# Solved: "Hyper-V Error"



## sonu1985 (Oct 15, 2010)

Hi,
I have Asus M2N68-AM PLUS Motherboard with Amd sempron 145 processor-64 bit.well esx server is working fine on this pc.what when i trying to install hyper its showing error here is screen shot for your reference






.i already test with Amd hyper-v compatibility test its showing ok there .

thanks
Anuj
MCSE,CCNA,NETWORK+
Web:-http://www.systechblog.com


----------



## sonu1985 (Oct 15, 2010)

???


----------



## centauricw (Jun 26, 2010)

Are you trying to install Hyper-V on a Windows Server running in a ESX virtual machine?
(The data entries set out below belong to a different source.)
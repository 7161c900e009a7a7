-- ===== src/Tests.antt =====
-- Runs at concrete inputs: two accounts, their signed transactions, and a database in memory.
mod Fixtures
mod Executor
mod Ledger
mod Tasks
mod Mempool
mod Storage
mod Crypto
mod Server
mod Requests
mod Shell
mod Node
mod Main
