-- ===== src/Tests/Fixtures.antt =====
-- Accounts, transactions and states of the tests.
use gravity_kvstore.Prelude.{ℕ, Text, Bytes, [], ◌∷◌, ◌++◌, replicate, ascii}
use gravity_kvstore.Types.{AccountState, TransactionKind, transfer, set_kv, TransactionWithAccount}
use gravity_kvstore.State.{State, update_account_state}
use gravity_kvstore.Executor.Block.{ExternalBlock}
use gravity_kvstore.Samples.Packages.{packages}
use gravity_kvstore.Samples.Wire.{write_txn}
use gravity_kvstore.Mempool.{Pool, waiting}
use gravity_kvstore.Samples.Hex.{encode}

-- The addresses of the keys `true` and `false`.
abbrev pub alice : Text
alice = encode (replicate 19 0 ++ 1 ∷ [])

abbrev pub bob : Text
bob = encode (replicate 20 0)

abbrev pub alice_account : Bytes
alice_account = replicate 31 0 ++ 1 ∷ []

-- The signature of alice.
abbrev pub by_alice : Text
by_alice = encode (replicate 63 0 ++ 1 ∷ 27 ∷ [])

abbrev pub signed : ℕ → TransactionKind → TransactionWithAccount
signed nonce kind = record {
  txn = record { unsigned = record { nonce = nonce; kind = kind }; signature = by_alice };
  address = alice;
}

abbrev pub pay : TransactionWithAccount
pay = signed 0 (transfer bob 100)

abbrev pub pay_self : TransactionWithAccount
pay_self = signed 0 (transfer alice 100)

abbrev pub put : TransactionWithAccount
put = signed 0 (set_kv (ascii "k") (ascii "v"))

abbrev pub rich : AccountState
rich = record { nonce = 0; balance = 1000; kv_store = [] }

abbrev pub genesis : State
genesis = record {
  accounts = (alice, rich) ∷ [];
  block_number = 0;
  state_root = record { bytes = replicate 32 0 };
}

-- A pool in which the transaction after the first waits.
abbrev pub gap : Pool
gap = record {
  water_mark = [];
  mempool =
      (alice_account, (1, record { raw_txn = signed 1 (transfer bob 7); status = waiting }) ∷ [])
      ∷ [];
}

-- The state after `pay`.
abbrev pub after_pay : State
after_pay =
    update_account_state packages (record { text = alice })
      (record { nonce = 1; balance = 900; kv_store = [] })
      (update_account_state packages (record { text = bob })
        (record { nonce = 0; balance = 100; kv_store = [] }) genesis)

-- A block that orders `pay`.
abbrev pub ordered : ExternalBlock packages
ordered = record {
  block_id = [];
  block_number = 1;
  usecs = 5;
  txns = record { bytes = write_txn pay; sender = alice_account; seq_number = 0; hash = [] } ∷ [];
}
If that's the case, this won't work because Hyper-V needs direct access to the hardware.


----------



## sonu1985 (Oct 15, 2010)

well i am trying to install hvper-v under vmware virtual machine and windows xp host os.

thanks
Anuj
MCSE,CCNA,NETWORK+
Web:-http://www.systechblog.com


----------



## centauricw (Jun 26, 2010)

This is not going to work. Hyper-V needs direct access to the hardware. VMware presents visualized hardware and the hypervisor in Hyper-V can't access the CPU visualization extensions.


----------



## sonu1985 (Oct 15, 2010)

i think u r right i tryed witout vmware 

thanks


----------